A recent and famous circular respecting the education of women has called attention to the public schools of France, and the revolutionary journals have unanimously profited by the opportunity to load past ages with sarcasm and irony. It is because there is a question of religion in this case, as in all the principal incidents of the time. The antichristian press is but little interested in the degree of knowledge diffused in the middle ages, or in the pretended degradation of the people of Rome; [Footnote 177] but under these deceitful pretexts is concealed a design, persistently and ardently pursued—the annihilation of Christianity. Christianity must be put down because it is now the only force that strongly resists unruly passions, and because modern barbarians, eager to possess the goods they covet, wish to submit no longer to any obstacle or delay.

[Footnote 177: The degradation of which an editor of the Journal des Débats (M. J. Janin) wrote in 1836: "Talk to me of the enslaved country of the Holy Father as free!">[

Let not Christians be deceived by the hypocritical protestations of respect uttered by this enemy, to whom falsehood is a jest. Let them not grow weary of countermining the subterranean attacks carried on against the city. For each assault let there be a sortie; for each new battery, a new bastion! Resources are not wanting; we possess facts, works, men, the testimony of history, and even the admission of our enemies, and we are sure victory will be ours in the end.

A former essay [Footnote 178] depicted the savage brutality of the barbarous nations converted to Christianity, their passions, their vices, their ferocity, and their excesses. We will now show what the church did in one particular to subdue, civilize, and elevate them, by diffusing with unparalleled munificence the most extended, the most general and complete course of instruction ever given to the world; how, in the most troublous times—in the tenth century, for example—the church was the inviolable guardian of the productions of the human mind; what ardor for knowledge it excited in these men, but recently so violent and so material; and besides its saints, what learned men, it formed—what great men, full of talent and genius!

[Footnote 178: "Les Barbares et le Moyen Age," Revue du Monde Cath., of Aug. 10 and Sept. 10, 1867.]

I.
Christian Antiquity.

Some writers, having lost the spirit of Christianity, have denied that Christian antiquity had a taste for science and literature, and have stigmatized the middle ages as dark. If they had been Christians, they would have known that this accusation is as erroneous as it is injurious—was contrary to the very principles of Christianity.

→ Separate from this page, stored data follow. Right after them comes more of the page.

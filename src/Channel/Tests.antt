-- ===== src/Channel/Tests.antt =====
-- A channel on a system that closes sockets and makes new ones.
use taurus.Shared.{◌≡◌, ◌≢◌, refl, true, false, [], done, abort}
use taurus.Shared.Int.{pos}
use taurus.RuntimeError.{RuntimeError, fresh, is_error}
use taurus.Kernel.{minus_one}
use taurus.Socket.{Sock, new_sock, opened}
use taurus.Script.{keeper}
use taurus.Channel.{create, close}
use taurus.Channel.Life.{channel, gone, remade, close-create}
use taurus.Facade.{is_closed}

abbrev listening : Sock
listening = record new_sock { fd = pos 3; state = opened }

listening_open : is_closed listening ≡ false
unfolding is_closed
listening_open = refl

close-create_example :
    (create keeper (pos 2) (channel listening) fresh [] ≡ abort)
    × (pos 0 ≢ minus_one
        → (close keeper (channel listening) fresh [] ≡ (true, channel (gone listening), fresh, []))
          × (pos 5 ≢ minus_one
              → create keeper (pos 2) (channel (gone listening)) fresh []
                ≡ done (true, channel (remade (pos 5) (pos 2) listening), fresh, [])))
    × (pos 0 ≡ minus_one
        → (e' : RuntimeError) × (s' : Sock) × (close keeper (channel listening) fresh []
            ≡ (false, channel s', e', []))
          × (is_error e' ≡ true)
          × (s'.fd ≡ pos 3)
          × (close keeper (channel s') e' [] ≡ (true, channel s', e', []))
          × (create keeper (pos 2) (channel s') e' [] ≡ abort))
close-create_example = close-create keeper listening (pos 2) fresh [] refl listening_open
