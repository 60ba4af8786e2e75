-- ===== src/Datagram.antt =====
-- `class DatagramPacket` and `class DatagramSocket`: include/mercury/net/network.h and
-- src/net/socket_base.cpp. `buf` is the storage that the packet's pointer leads to; a null pointer
-- leads to none.
pub mod Transfer
pub mod Mailbox
pub mod Exchange
mod Tests
use taurus.Shared.{
  ℕ, suc, ◌+◌, ◌-◌, ◌%◌, Bool, List, [], ◌++◌, take, drop, leb, if◌then◌else◌, Option, none, some,
  Outcome, done, fault, ◌>>=◌, ◌>>◌, check, zero,
}
use taurus.Shared.Int.{ℤ, pos, negsuc}
use taurus.RuntimeError.{RuntimeError}
use taurus.Kernel.{sock_dgram, Platform}
use taurus.SocketAddress.{InetSocketAddress}
use taurus.Socket.{Sock, create}
use taurus.SocketIo.{Io, size_mod, open_on, write_to, read_from}

pub record Packet : Type 0 where
  pub buf : List ℕ
  pub len : ℕ
  pub cap : ℕ
  pub endp : Option InetSocketAddress

-- DatagramPacket(), and the constructors from a buffer: with its length, an endpoint, a capacity, and
-- a capacity and an endpoint
unfoldable pub empty_packet : Packet
empty_packet = record { buf = []; len = 0; cap = 0; endp = none }

unfoldable pub packet : List ℕ → ℕ → Packet
packet buf len = record { buf = buf; len = len; cap = len; endp = none }

unfoldable pub packet_to : List ℕ → ℕ → InetSocketAddress → Packet
packet_to buf len endp = record { buf = buf; len = len; cap = len; endp = some endp }

unfoldable pub packet_with : List ℕ → ℕ → ℕ → Packet
packet_with buf len cap = record { buf = buf; len = len; cap = cap; endp = none }

unfoldable pub packet_with_to : List ℕ → ℕ → ℕ → InetSocketAddress → Packet
packet_with_to buf len cap endp = record { buf = buf; len = len; cap = cap; endp = none }

-- DatagramPacket(const DatagramPacket &): both share the buffer
unfoldable pub copy : Packet → Packet
copy d = record { buf = d.buf; len = d.len; cap = d.cap; endp = d.endp }

-- DatagramPacket(DatagramPacket &&): the new packet and what is left of the other
unfoldable pub move : Packet → Packet × Packet
unfolding empty_packet
move d = (record { buf = d.buf; len = d.len; cap = d.cap; endp = d.endp }, empty_packet)

-- The two assignments; `same` says whether both are one object
unfoldable pub assign : Bool → Packet → Packet → Packet
assign same self d =
    if same then self else record { buf = d.buf; len = d.len; cap = d.cap; endp = d.endp }

unfoldable pub move_assign : Bool → Packet → Packet → Packet × Packet
unfolding empty_packet
move_assign same self d =
    if same
    then (self, self)
    else (record { buf = d.buf; len = d.len; cap = d.cap; endp = d.endp }, empty_packet)

-- ~DatagramPacket()
unfoldable pub destroy : Packet → Packet
unfolding empty_packet
destroy d = empty_packet

-- setEndpoint, setbuf and setbuflen
unfoldable pub set_endpoint : InetSocketAddress → Packet → Packet
set_endpoint ep d = record d { endp = some ep }

unfoldable pub set_buf : List ℕ → ℕ → ℕ → Packet → Packet
set_buf buf len cap d = record d { buf = buf; len = len; cap = cap }

unfoldable pub set_buf_len : ℕ → Packet → Outcome Packet
set_buf_len len d = do check (leb len d.cap); done (record d { len = len })

module _ {K : Type 0} (p : Platform K) where
  -- DatagramSocket::create
  unfoldable pub create_datagram :
      ℤ → Sock → RuntimeError → K → Outcome (Bool × Sock × RuntimeError × K)
  create_datagram domain s e k = create p domain sock_dgram s e k

  -- DatagramSocket::send; a null endpoint is dereferenced
  unfoldable pub send : Packet → ℤ → RuntimeError → K → Outcome (ℤ × RuntimeError × K)
  unfolding open_on
  send d fd e k = elim d.endp [
    | none ↦ fault
    | some endp ↦ do
      (r, io, e', k') ← write_to p endp (open_on fd d.buf d.len) e k
      done (r, e', k')
  ]

  -- DatagramSocket::receive: the reader gets the buffer behind the length, and `length`, the room
  -- there, is what the number of bytes is added to.
  unfoldable pub receive : Packet → ℤ → RuntimeError → K → Outcome (ℤ × Packet × RuntimeError × K)
  unfolding open_on
  receive d fd e k =
      let length = (size_mod + d.cap - d.len) % size_mod in
      elim d.endp [
        | none ↦ fault
        | some endp ↦ do
          (r, io, e', k') ← read_from p endp (open_on fd (drop d.len d.buf) length) e k
          let filled = record d { buf = take d.len d.buf ++ io.mem }
          elim r [
            | pos (suc n) ↦ do
              d' ← set_buf_len ((length + suc n) % size_mod) filled
              done (pos (suc n), d', e', k')
            | pos zero ↦ done (pos 0, filled, e', k')
            | negsuc n ↦ done (negsuc n, filled, e', k')
          ]
      ]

Pagan society, established, with a view to this life, for the well-being of a few, kept the people in ignorance in order to keep them in servitude. Ignorance, by rendering men material, disposes them to servility and strengthens tyranny. It had academies for the free-born, but not for the slave. Why trouble themselves about the minds of those miserable creatures who were "incapable of good, of evil, and of virtue," who were called speaking instruments and chattels? It had philosophers, poets, and learned men, but no popular schools; for it loved science and not man.

The first principle of Christianity, on the contrary, is love. Love is without narrowness: it does not repel, it attracts: it is not exclusive, it is all-embracing: it seeketh not its own, it is generously and openly diffusive, it searches out and summons the whole world: Venite ad me omnes. Christianity knows only one race of men who are all equal. Its other name is Catholicism, universality. It has but one object, which is supernatural—to lead men to God.